## [WORK INSTRUCTION]
Find and return every line of the data that contains the word "append".

Collected data entries:
====
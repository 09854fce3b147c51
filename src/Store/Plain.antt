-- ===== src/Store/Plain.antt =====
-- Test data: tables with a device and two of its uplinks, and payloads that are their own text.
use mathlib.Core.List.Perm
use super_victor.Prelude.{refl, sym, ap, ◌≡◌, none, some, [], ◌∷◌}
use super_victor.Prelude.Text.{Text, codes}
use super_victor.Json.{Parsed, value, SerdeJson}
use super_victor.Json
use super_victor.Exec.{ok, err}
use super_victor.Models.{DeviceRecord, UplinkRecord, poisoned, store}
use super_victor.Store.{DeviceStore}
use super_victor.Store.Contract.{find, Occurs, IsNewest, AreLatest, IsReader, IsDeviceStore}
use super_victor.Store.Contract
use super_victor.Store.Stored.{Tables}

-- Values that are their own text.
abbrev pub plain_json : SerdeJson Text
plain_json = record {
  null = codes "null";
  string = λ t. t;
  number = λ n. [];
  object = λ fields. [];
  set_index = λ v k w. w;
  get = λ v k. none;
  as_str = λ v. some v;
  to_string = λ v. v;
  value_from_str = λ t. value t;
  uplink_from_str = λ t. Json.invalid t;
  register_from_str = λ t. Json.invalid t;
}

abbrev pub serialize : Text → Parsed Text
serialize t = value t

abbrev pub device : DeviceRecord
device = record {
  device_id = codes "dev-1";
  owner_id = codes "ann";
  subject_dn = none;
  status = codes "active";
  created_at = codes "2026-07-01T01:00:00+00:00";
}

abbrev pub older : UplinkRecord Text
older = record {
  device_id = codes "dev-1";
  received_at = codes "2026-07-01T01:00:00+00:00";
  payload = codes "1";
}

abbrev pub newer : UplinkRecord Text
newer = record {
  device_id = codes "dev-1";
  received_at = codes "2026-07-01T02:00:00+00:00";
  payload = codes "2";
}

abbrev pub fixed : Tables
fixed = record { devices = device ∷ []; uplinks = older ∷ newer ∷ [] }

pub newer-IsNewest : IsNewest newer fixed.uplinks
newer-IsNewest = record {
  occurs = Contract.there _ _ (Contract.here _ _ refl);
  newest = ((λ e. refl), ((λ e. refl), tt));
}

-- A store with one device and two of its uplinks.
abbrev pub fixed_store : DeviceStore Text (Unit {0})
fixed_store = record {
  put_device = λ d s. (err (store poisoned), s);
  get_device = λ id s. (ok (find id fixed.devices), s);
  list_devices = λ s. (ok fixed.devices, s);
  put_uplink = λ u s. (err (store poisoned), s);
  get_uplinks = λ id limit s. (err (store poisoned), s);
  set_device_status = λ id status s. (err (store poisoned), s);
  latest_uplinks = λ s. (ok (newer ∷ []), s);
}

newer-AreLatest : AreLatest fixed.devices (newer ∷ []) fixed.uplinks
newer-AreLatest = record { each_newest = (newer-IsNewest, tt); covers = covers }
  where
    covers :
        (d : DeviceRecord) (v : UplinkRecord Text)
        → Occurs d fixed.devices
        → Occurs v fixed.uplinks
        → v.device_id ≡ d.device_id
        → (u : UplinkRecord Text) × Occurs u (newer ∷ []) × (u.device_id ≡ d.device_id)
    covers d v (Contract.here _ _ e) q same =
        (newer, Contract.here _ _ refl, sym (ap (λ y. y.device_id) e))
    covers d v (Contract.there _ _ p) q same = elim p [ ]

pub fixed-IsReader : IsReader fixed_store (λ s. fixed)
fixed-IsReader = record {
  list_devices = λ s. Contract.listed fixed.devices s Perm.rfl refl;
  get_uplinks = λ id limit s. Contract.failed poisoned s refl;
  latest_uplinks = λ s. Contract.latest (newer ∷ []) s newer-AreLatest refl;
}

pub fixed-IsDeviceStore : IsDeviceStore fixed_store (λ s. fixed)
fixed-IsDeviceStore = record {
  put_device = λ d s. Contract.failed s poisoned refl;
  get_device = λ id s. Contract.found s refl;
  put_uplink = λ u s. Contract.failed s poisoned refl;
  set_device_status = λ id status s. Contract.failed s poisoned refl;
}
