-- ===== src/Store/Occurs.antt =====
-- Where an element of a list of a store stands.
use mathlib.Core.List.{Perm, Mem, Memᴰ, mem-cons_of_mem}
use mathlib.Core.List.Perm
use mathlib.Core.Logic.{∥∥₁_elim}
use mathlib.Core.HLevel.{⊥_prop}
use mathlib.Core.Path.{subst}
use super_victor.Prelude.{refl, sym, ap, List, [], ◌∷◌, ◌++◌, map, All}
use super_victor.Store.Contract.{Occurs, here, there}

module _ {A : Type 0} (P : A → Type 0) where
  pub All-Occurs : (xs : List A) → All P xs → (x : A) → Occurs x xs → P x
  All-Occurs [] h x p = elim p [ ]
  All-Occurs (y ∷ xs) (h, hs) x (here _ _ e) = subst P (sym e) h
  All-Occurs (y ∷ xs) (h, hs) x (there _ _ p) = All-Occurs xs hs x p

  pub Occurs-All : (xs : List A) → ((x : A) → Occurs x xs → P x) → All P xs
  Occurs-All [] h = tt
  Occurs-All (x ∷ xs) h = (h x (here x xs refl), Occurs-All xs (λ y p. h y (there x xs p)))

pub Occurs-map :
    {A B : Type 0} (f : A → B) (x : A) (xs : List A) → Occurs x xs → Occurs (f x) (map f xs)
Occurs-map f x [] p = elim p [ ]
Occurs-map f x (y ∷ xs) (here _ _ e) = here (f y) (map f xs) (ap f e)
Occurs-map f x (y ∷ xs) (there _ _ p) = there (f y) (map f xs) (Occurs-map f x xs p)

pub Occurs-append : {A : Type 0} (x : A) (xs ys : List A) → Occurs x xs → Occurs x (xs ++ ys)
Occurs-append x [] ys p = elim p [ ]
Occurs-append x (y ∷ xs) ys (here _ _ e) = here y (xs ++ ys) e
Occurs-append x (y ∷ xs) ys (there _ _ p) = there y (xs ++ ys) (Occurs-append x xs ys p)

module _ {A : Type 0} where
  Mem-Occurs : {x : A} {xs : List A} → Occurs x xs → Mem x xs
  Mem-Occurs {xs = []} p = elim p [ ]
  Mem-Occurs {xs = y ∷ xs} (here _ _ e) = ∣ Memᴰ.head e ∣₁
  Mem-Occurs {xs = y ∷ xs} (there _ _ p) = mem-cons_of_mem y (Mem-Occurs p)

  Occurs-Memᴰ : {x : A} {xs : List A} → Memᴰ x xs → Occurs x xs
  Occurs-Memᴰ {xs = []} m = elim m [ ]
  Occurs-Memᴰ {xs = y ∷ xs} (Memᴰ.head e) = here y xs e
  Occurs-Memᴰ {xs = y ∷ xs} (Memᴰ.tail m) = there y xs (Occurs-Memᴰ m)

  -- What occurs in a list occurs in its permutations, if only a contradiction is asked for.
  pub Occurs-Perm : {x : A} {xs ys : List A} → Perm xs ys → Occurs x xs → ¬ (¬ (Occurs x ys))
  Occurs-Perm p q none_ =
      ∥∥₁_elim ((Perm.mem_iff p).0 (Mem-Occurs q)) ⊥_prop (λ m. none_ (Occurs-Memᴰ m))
====
## [SOLUTION]
pub Occurs-append : {A : Type 0} (x : A) (xs ys : List A) → Occurs x xs → Occurs x (xs ++ ys)
Occurs-append x [] ys p = elim p [ ]
Occurs-append x (y ∷ xs) ys (here _ _ e) = here y (xs ++ ys) e
Occurs-append x (y ∷ xs) ys (there _ _ p) = there y (xs ++ ys) (Occurs-append x xs ys p)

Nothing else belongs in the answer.